------ Data for this task

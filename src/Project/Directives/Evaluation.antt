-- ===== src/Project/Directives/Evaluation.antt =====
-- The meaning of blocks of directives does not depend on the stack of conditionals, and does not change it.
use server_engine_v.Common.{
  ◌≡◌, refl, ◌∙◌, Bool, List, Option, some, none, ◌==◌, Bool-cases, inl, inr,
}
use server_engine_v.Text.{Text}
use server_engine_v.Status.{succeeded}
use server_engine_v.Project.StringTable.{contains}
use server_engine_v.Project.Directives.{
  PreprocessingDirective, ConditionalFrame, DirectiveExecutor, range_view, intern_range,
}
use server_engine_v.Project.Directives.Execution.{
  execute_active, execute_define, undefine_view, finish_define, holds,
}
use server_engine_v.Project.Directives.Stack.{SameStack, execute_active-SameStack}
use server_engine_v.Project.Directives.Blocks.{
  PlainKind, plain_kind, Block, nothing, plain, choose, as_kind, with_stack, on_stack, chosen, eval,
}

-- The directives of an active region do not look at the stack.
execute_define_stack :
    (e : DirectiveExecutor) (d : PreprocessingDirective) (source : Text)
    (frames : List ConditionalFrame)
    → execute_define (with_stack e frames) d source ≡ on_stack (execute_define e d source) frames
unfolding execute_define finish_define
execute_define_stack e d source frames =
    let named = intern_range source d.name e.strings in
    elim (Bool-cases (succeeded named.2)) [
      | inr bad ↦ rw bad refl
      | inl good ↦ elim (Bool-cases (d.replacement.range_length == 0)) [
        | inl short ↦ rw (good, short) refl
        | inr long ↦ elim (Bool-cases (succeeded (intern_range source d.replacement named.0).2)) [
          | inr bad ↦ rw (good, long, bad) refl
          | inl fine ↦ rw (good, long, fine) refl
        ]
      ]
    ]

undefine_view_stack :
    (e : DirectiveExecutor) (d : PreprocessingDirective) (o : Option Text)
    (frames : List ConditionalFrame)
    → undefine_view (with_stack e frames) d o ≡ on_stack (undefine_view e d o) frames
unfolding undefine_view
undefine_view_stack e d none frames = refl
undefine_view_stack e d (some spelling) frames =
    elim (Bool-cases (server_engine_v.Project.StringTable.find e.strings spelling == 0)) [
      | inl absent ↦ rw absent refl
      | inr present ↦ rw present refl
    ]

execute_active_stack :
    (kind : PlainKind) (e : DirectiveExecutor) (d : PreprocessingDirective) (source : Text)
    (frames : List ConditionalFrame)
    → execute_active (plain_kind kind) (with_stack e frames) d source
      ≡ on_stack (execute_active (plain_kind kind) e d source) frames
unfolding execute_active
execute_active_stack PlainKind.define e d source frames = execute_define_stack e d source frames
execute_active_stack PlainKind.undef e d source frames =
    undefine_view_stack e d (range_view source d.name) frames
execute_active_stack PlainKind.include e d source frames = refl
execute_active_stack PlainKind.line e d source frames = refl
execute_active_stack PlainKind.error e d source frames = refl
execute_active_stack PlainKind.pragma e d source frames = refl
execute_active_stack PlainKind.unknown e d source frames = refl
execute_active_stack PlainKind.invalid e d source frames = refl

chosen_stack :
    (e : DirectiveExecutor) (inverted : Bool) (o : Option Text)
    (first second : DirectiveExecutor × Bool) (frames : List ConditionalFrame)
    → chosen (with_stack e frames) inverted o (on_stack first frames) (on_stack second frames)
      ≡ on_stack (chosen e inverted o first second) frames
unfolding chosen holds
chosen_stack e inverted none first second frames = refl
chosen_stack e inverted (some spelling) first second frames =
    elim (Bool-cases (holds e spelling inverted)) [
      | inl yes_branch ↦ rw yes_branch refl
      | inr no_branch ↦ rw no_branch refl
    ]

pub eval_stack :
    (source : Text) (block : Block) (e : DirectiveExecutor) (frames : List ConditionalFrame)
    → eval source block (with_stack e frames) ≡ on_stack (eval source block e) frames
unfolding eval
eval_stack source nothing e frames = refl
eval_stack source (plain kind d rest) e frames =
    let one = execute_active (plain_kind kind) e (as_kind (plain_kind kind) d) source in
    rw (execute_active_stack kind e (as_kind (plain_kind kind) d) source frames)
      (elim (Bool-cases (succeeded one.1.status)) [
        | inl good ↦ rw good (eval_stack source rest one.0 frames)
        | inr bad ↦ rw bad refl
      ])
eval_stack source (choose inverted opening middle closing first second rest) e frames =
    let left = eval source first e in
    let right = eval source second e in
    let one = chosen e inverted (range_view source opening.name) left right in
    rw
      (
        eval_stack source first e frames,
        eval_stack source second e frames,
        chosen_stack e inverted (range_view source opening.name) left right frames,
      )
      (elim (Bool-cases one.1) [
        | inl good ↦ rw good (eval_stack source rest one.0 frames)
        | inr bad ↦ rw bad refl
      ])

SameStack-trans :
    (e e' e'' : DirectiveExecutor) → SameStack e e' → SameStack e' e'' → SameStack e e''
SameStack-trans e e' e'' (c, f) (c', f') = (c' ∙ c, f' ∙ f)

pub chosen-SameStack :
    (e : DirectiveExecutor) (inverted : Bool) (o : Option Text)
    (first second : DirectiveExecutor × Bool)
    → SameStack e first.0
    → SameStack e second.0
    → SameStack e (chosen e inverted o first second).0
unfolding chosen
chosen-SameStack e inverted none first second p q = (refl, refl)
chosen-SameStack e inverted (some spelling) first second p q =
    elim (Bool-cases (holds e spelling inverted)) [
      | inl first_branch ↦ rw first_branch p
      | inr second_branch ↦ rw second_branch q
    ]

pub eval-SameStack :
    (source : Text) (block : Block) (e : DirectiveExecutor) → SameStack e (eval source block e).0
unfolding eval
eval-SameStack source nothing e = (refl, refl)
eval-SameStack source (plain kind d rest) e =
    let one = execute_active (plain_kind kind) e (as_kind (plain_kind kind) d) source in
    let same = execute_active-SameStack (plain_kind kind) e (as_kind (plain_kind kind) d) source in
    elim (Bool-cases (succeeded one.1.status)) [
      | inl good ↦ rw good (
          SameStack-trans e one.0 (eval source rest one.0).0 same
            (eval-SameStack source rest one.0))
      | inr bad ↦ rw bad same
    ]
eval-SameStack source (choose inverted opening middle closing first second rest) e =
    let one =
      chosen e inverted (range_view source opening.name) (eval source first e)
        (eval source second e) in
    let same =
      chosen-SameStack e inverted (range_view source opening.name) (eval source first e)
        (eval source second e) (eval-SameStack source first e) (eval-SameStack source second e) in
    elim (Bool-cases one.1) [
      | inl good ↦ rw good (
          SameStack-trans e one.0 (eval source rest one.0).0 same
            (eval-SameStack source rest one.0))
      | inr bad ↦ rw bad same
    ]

------------

### Task statement
Word for word, write out all the lines shown above.

### Answer for this exercise
filename src/Project/Directives/Evaluation.antt
-- ===== src/Project/Directives/Evaluation.antt =====
-- The meaning of blocks of directives does not depend on the stack of conditionals, and does not change it.
use server_engine_v.Common.{
  ◌≡◌, refl, ◌∙◌, Bool, List, Option, some, none, ◌==◌, Bool-cases, inl, inr,
}
use server_engine_v.Text.{Text}
use server_engine_v.Status.{succeeded}
use server_engine_v.Project.StringTable.{contains}
use server_engine_v.Project.Directives.{
  PreprocessingDirective, ConditionalFrame, DirectiveExecutor, range_view, intern_range,
}
use server_engine_v.Project.Directives.Execution.{
  execute_active, execute_define, undefine_view, finish_define, holds,
}
use server_engine_v.Project.Directives.Stack.{SameStack, execute_active-SameStack}
use server_engine_v.Project.Directives.Blocks.{
  PlainKind, plain_kind, Block, nothing, plain, choose, as_kind, with_stack, on_stack, chosen, eval,
}

-- The directives of an active region do not look at the stack.
execute_define_stack :
    (e : DirectiveExecutor) (d : PreprocessingDirective) (source : Text)
    (frames : List ConditionalFrame)
    → execute_define (with_stack e frames) d source ≡ on_stack (execute_define e d source) frames
unfolding execute_define finish_define
execute_define_stack e d source frames =
    let named = intern_range source d.name e.strings in
    elim (Bool-cases (succeeded named.2)) [
      | inr bad ↦ rw bad refl
      | inl good ↦ elim (Bool-cases (d.replacement.range_length == 0)) [
        | inl short ↦ rw (good, short) refl
        | inr long ↦ elim (Bool-cases (succeeded (intern_range source d.replacement named.0).2)) [
          | inr bad ↦ rw (good, long, bad) refl
          | inl fine ↦ rw (good, long, fine) refl
        ]
      ]
    ]

undefine_view_stack :
    (e : DirectiveExecutor) (d : PreprocessingDirective) (o : Option Text)
    (frames : List ConditionalFrame)
    → undefine_view (with_stack e frames) d o ≡ on_stack (undefine_view e d o) frames
unfolding undefine_view
undefine_view_stack e d none frames = refl
undefine_view_stack e d (some spelling) frames =
    elim (Bool-cases (server_engine_v.Project.StringTable.find e.strings spelling == 0)) [
      | inl absent ↦ rw absent refl
      | inr present ↦ rw present refl
    ]

execute_active_stack :
    (kind : PlainKind) (e : DirectiveExecutor) (d : PreprocessingDirective) (source : Text)
    (frames : List ConditionalFrame)
    → execute_active (plain_kind kind) (with_stack e frames) d source
      ≡ on_stack (execute_active (plain_kind kind) e d source) frames
unfolding execute_active
execute_active_stack PlainKind.define e d source frames = execute_define_stack e d source frames
execute_active_stack PlainKind.undef e d source frames =
    undefine_view_stack e d (range_view source d.name) frames
execute_active_stack PlainKind.include e d source frames = refl
execute_active_stack PlainKind.line e d source frames = refl
execute_active_stack PlainKind.error e d source frames = refl
execute_active_stack PlainKind.pragma e d source frames = refl
execute_active_stack PlainKind.unknown e d source frames = refl
execute_active_stack PlainKind.invalid e d source frames = refl

chosen_stack :
    (e : DirectiveExecutor) (inverted : Bool) (o : Option Text)
    (first second : DirectiveExecutor × Bool) (frames : List ConditionalFrame)
    → chosen (with_stack e frames) inverted o (on_stack first frames) (on_stack second frames)
      ≡ on_stack (chosen e inverted o first second) frames
unfolding chosen holds
chosen_stack e inverted none first second frames = refl
chosen_stack e inverted (some spelling) first second frames =
    elim (Bool-cases (holds e spelling inverted)) [
      | inl yes_branch ↦ rw yes_branch refl
      | inr no_branch ↦ rw no_branch refl
    ]

pub eval_stack :
    (source : Text) (block : Block) (e : DirectiveExecutor) (frames : List ConditionalFrame)
    → eval source block (with_stack e frames) ≡ on_stack (eval source block e) frames
unfolding eval
eval_stack source nothing e frames = refl
eval_stack source (plain kind d rest) e frames =
    let one = execute_active (plain_kind kind) e (as_kind (plain_kind kind) d) source in
    rw (execute_active_stack kind e (as_kind (plain_kind kind) d) source frames)
      (elim (Bool-cases (succeeded one.1.status)) [
        | inl good ↦ rw good (eval_stack source rest one.0 frames)
        | inr bad ↦ rw bad refl
      ])
eval_stack source (choose inverted opening middle closing first second rest) e frames =
    let left = eval source first e in
    let right = eval source second e in
    let one = chosen e inverted (range_view source opening.name) left right in
    rw
      (
        eval_stack source first e frames,
        eval_stack source second e frames,
        chosen_stack e inverted (range_view source opening.name) left right frames,
      )
      (elim (Bool-cases one.1) [
        | inl good ↦ rw good (eval_stack source rest one.0 frames)
        | inr bad ↦ rw bad refl
      ])

SameStack-trans :
    (e e' e'' : DirectiveExecutor) → SameStack e e' → SameStack e' e'' → SameStack e e''
SameStack-trans e e' e'' (c, f) (c', f') = (c' ∙ c, f' ∙ f)

pub chosen-SameStack :
    (e : DirectiveExecutor) (inverted : Bool) (o : Option Text)
    (first second : DirectiveExecutor × Bool)
    → SameStack e first.0
    → SameStack e second.0
    → SameStack e (chosen e inverted o first second).0
unfolding chosen
chosen-SameStack e inverted none first second p q = (refl, refl)
chosen-SameStack e inverted (some spelling) first second p q =
    elim (Bool-cases (holds e spelling inverted)) [
      | inl first_branch ↦ rw first_branch p
      | inr second_branch ↦ rw second_branch q
    ]

pub eval-SameStack :
    (source : Text) (block : Block) (e : DirectiveExecutor) → SameStack e (eval source block e).0
unfolding eval
eval-SameStack source nothing e = (refl, refl)
eval-SameStack source (plain kind d rest) e =
    let one = execute_active (plain_kind kind) e (as_kind (plain_kind kind) d) source in
    let same = execute_active-SameStack (plain_kind kind) e (as_kind (plain_kind kind) d) source in
    elim (Bool-cases (succeeded one.1.status)) [
      | inl good ↦ rw good (
          SameStack-trans e one.0 (eval source rest one.0).0 same
            (eval-SameStack source rest one.0))
      | inr bad ↦ rw bad same
    ]
eval-SameStack source (choose inverted opening middle closing first second rest) e =
    let one =
      chosen e inverted (range_view source opening.name) (eval source first e)
        (eval source second e) in
    let same =
      chosen-SameStack e inverted (range_view source opening.name) (eval source first e)
        (eval source second e) (eval-SameStack source first e) (eval-SameStack source second e) in
    elim (Bool-cases one.1) [
      | inl good ↦ rw good (
          SameStack-trans e one.0 (eval source rest one.0).0 same
            (eval-SameStack source rest one.0))
      | inr bad ↦ rw bad same
    ]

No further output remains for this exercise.